-- Exercise details --
Some lines of the records below include the word "ConnectedRooms". Report how many, and write nothing besides the number.

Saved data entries
-- ===== src/Sidebar/Favorites.antt =====
-- `toggle_item_is_favorite`, `rename_item`, `reconfigure_item_with_spec` and `destroy_room`.
pub mod Toggle
use prose_core_client.Base.{
  String, ℕ, Option, none, some, Bool, true, false, ◌==◌, string_eq, option_eq,
}
use prose_core_client.Shared.Ids.{BareJid, MucId, RoomId, room_bare_jid, room_muc_id}
use prose_core_client.Rooms.RoomModels.{RoomSidebarState, RoomSpec}
use prose_core_client.Rooms.RoomError.{RoomError, is_gone_err}
use prose_core_client.Rooms.ConnectedRooms.{get}
use prose_core_client.Rooms.Room.{Room, room_id, Session, details_of, set_sidebar_state, set_name}
use prose_core_client.Rooms.Service.{Outcome, Op, return, fail, continue, match, change}
use prose_core_client.Rooms.Service.Connecting.{forget_room}
use prose_core_client.Rooms.Service.Configure.{rename_room, reconfigure_room_with_spec}
use prose_core_client.Sidebar.{
  SidebarServices, name_or, sidebar_changed, save_bookmark_for_room, delete_bookmark, try_get_room,
}

unfoldable pub toggled : RoomSidebarState → Option RoomSidebarState
toggled RoomSidebarState.not_in_sidebar = none
toggled RoomSidebarState.in_sidebar = some RoomSidebarState.favorite
toggled RoomSidebarState.favorite = some RoomSidebarState.in_sidebar

module _ (c : SidebarServices) (fuel : ℕ) where
  -- The bookmark is saved and the clients are told.
  unfoldable pub save_and_notify : Room → Op Unit
  unfolding save_bookmark_for_room sidebar_changed
  save_and_notify room s = continue (save_bookmark_for_room c room s) (λ u. change sidebar_changed)

  unfoldable pub apply_toggle : Room → Option RoomSidebarState → Op Unit
  unfolding save_and_notify set_sidebar_state
  apply_toggle room none = return tt
  apply_toggle room (some state) = λ s. save_and_notify room (set_sidebar_state room state s)

  unfoldable pub toggle_item_is_favorite : RoomId → Op Unit
  unfolding try_get_room apply_toggle toggled room_bare_jid
  toggle_item_is_favorite id s =
      continue (try_get_room c (room_bare_jid id) s)
        (λ room s'. apply_toggle room (toggled (details_of room s').sidebar_state) s')

  -- The name is set at once, and set back when the server refuses it.
  abbrev pub apply_name : MucId → String → Room → Op Unit
  unfolding set_name rename_room save_and_notify
  apply_name id name room s =
      let current_name = (details_of room s).name in
      elim (c.rooms.to_lowercase (name_or current_name "") == c.rooms.to_lowercase name) [
        | true ↦ return tt s
        | false ↦
            match (rename_room c.rooms fuel id name (set_name room (some name) s))
              (λ u. save_and_notify room) (λ error s'. fail error (set_name room current_name s'))
      ]

  unfoldable pub rename_item : MucId → String → Op Unit
  unfolding try_get_room apply_name
  rename_item id name s = continue (try_get_room c id s) (apply_name id name)

  abbrev pub drop_old_bookmark : MucId → Option MucId → Op Unit
  unfolding delete_bookmark
  drop_old_bookmark id new_id s = elim (some id == new_id) [
    | true ↦ return tt s
    | false ↦ delete_bookmark c id s
  ]

  unfoldable pub reconfigure_item_with_spec : MucId → RoomSpec → String → Op Unit
  unfolding reconfigure_room_with_spec sidebar_changed drop_old_bookmark room_muc_id
      save_bookmark_for_room
  reconfigure_item_with_spec id spec new_name s =
      continue (reconfigure_room_with_spec c.rooms fuel id spec new_name s) (λ room s1.
        continue (drop_old_bookmark id (room_muc_id (room_id room)) (sidebar_changed s1))
          (λ u. save_bookmark_for_room c room))

  unfoldable pub forget_item : MucId → Op Unit
  unfolding forget_room delete_bookmark sidebar_changed
  forget_item id s =
      continue (delete_bookmark c id (forget_room id s)) (λ u. change sidebar_changed)

  -- A room that is gone already is forgotten like one that was destroyed.
  unfoldable pub destroy_connected : MucId → Option Room → Op Unit
  unfolding forget_item is_gone_err
  destroy_connected id none = return tt
  destroy_connected id (some room) = λ s.
      match (c.rooms.destroy_room id none s) (λ u. forget_item id)
        (λ error s'. elim (is_gone_err c.rooms.from_iri error) [
          | true ↦ forget_item id s'
          | false ↦ fail error s'
        ])

  unfoldable pub destroy_room : MucId → Op Unit
  unfolding get destroy_connected
  destroy_room id s =
      continue (c.rooms.connected_account s)
        (λ account s'. destroy_connected id (get room_id id s'.connected) s')
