-- ===== src/Sidebar/Disconnect.antt =====
-- `handle_disconnect` and `handle_ping_timer_event`.
pub mod Everyone
use prose_core_client.Base.{
  String, ℕ, Option, none, some, List, [], ◌∷◌, Bool, true, false, ◌==◌, string_eq, option_eq,
}
use prose_core_client.Shared.Ids.{MucId, RoomId, room_muc_id}
use prose_core_client.Rooms.RoomModels.{RoomState}
use prose_core_client.Rooms.ConnectedRooms.{get_all}
use prose_core_client.Rooms.Room.{Room, room_id, Session, details_of, set_state}
use prose_core_client.Rooms.Service.{Outcome, Op, return, continue, match, change}
use prose_core_client.Rooms.Service.Reconnect.{reconnect_room_if_needed}
use prose_core_client.Sidebar.{SidebarServices, sidebar_changed}

-- The loop over the rooms of `handle_disconnect`
unfoldable pub disconnect_all : List Room → Session → Session
unfolding set_state
disconnect_all [] s = s
disconnect_all (room ∷ rooms) s =
    disconnect_all rooms (set_state room (RoomState.disconnected none true) s)

abbrev pub bool_beq : Bool → Bool → Bool
bool_beq true b = b
bool_beq false true = false
bool_beq false false = true

-- `room.state() == state`
unfoldable pub room_state_beq : RoomState → RoomState → Bool
room_state_beq RoomState.pending RoomState.pending = true
room_state_beq RoomState.connecting RoomState.connecting = true
room_state_beq RoomState.connected RoomState.connected = true
room_state_beq (RoomState.disconnected error can_retry) (RoomState.disconnected other retry) =
    elim (error == other) [ true ↦ bool_beq can_retry retry | false ↦ false ]
room_state_beq _ _ = false

module _ (c : SidebarServices) (fuel : ℕ) where
  -- Without an account the client was disconnected on purpose.
  unfoldable pub handle_disconnect : Op Unit
  unfolding disconnect_all get_all
  handle_disconnect s =
      match (c.rooms.connected_account s)
        (λ account. change (λ s'. disconnect_all (get_all room_id s'.connected) s'))
        (λ error. return tt)

  unfoldable pub notify_unless_same : RoomState → Room → Op Unit
  unfolding room_state_beq sidebar_changed
  notify_unless_same state room s = elim (room_state_beq (details_of room s).state state) [
    | true ↦ return tt s
    | false ↦ change sidebar_changed s
  ]

  unfoldable pub ping : Room → Option MucId → Op Unit
  unfolding reconnect_room_if_needed notify_unless_same
  ping room none = return tt
  ping room (some id) = λ s.
      let state = (details_of room s).state in
      match (reconnect_room_if_needed c.rooms fuel id s) (λ u. notify_unless_same state room)
        (λ error. notify_unless_same state room)

  unfoldable pub ping_all : List Room → Op Unit
  unfolding ping room_muc_id
  ping_all [] = return tt
  ping_all (room ∷ rooms) =
      λ s. continue (ping room (room_muc_id (room_id room)) s) (λ u. ping_all rooms)

  unfoldable pub handle_ping_timer_event : Op Unit
  unfolding ping_all get_all
  handle_ping_timer_event s =
      continue (c.rooms.connected_account s)
        (λ account s'. ping_all (get_all room_id s'.connected) s')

-- Exercise answer --
2